*Instructions for the task*. Check every line below for the word "them" and copy the ones that have it.

*Data supplied*.
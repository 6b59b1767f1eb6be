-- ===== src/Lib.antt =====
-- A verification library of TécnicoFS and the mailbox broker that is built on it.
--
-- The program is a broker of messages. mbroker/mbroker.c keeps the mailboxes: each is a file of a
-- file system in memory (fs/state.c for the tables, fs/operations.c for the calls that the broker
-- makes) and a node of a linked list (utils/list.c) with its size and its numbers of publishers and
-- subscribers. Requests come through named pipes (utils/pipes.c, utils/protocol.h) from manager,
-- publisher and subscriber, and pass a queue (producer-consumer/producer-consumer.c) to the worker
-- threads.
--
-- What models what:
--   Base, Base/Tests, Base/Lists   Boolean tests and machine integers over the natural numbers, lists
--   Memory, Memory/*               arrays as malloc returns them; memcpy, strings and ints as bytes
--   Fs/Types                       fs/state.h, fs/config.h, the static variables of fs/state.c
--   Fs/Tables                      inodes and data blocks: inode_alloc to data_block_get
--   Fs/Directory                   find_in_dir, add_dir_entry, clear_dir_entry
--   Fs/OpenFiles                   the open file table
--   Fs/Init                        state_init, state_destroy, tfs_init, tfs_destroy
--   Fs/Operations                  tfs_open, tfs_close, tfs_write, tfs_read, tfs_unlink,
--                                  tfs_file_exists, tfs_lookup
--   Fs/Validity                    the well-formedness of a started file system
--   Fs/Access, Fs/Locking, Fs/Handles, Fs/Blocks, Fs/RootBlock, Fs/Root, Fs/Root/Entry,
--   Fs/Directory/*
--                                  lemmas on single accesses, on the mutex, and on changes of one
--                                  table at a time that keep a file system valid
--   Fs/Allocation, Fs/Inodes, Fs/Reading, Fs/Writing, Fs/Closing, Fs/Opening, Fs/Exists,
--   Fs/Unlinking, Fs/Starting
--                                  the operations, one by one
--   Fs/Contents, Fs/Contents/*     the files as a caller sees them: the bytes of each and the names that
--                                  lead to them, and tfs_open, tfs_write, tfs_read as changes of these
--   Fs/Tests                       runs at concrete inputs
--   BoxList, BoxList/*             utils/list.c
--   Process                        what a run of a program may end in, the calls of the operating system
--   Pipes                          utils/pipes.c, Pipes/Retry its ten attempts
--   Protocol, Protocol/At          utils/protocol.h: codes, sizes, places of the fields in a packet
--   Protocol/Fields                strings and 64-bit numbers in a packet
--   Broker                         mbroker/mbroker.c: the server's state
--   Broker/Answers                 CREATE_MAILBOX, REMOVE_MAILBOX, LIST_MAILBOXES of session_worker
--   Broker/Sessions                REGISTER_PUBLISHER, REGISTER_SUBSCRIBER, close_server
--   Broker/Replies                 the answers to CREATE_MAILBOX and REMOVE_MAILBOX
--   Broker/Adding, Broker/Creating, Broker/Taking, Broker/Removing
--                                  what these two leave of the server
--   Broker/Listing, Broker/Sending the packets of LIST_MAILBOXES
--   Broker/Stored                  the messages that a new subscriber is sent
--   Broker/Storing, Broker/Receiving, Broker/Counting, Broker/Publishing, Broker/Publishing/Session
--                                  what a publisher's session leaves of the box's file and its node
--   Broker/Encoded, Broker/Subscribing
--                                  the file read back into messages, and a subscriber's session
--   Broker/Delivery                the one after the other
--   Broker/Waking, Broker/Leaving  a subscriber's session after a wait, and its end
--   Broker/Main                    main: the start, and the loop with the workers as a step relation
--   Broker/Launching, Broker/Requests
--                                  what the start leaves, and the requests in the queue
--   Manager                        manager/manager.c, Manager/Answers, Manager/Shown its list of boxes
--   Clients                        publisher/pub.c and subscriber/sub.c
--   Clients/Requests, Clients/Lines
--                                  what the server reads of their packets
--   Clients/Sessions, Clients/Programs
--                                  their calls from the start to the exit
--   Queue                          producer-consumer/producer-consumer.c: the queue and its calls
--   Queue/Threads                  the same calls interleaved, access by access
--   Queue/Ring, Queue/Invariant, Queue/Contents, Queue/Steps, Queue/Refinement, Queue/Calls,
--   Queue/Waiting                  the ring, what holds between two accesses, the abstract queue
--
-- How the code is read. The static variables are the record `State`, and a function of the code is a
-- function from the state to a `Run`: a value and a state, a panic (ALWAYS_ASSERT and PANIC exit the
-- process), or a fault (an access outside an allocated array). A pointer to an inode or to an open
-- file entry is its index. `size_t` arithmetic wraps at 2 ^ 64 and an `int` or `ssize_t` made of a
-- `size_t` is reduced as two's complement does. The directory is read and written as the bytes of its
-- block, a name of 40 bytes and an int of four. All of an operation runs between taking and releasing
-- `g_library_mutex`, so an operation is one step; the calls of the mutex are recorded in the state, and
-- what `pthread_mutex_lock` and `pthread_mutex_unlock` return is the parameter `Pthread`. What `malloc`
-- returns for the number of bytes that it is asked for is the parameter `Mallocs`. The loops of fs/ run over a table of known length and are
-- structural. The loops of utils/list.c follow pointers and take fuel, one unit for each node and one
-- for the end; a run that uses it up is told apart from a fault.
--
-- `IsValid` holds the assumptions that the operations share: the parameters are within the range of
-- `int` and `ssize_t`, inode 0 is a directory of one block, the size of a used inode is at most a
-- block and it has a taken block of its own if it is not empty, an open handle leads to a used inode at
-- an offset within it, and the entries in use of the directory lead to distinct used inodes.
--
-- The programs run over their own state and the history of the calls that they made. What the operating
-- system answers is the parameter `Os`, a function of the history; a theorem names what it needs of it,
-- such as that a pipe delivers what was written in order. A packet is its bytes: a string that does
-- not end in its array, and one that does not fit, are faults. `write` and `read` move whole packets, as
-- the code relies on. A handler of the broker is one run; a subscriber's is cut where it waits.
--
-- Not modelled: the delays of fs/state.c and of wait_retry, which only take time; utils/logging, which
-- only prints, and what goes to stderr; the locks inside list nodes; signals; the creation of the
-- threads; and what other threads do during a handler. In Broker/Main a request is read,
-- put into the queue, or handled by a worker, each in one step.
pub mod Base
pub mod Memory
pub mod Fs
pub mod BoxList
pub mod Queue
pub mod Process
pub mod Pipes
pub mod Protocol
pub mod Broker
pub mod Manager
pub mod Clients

*Task answer*.
--   Memory, Memory/*               arrays as malloc returns them; memcpy, strings and ints as bytes
--   Fs/Contents, Fs/Contents/*     the files as a caller sees them: the bytes of each and the names that
--                                  lead to them, and tfs_open, tfs_write, tfs_read as changes of these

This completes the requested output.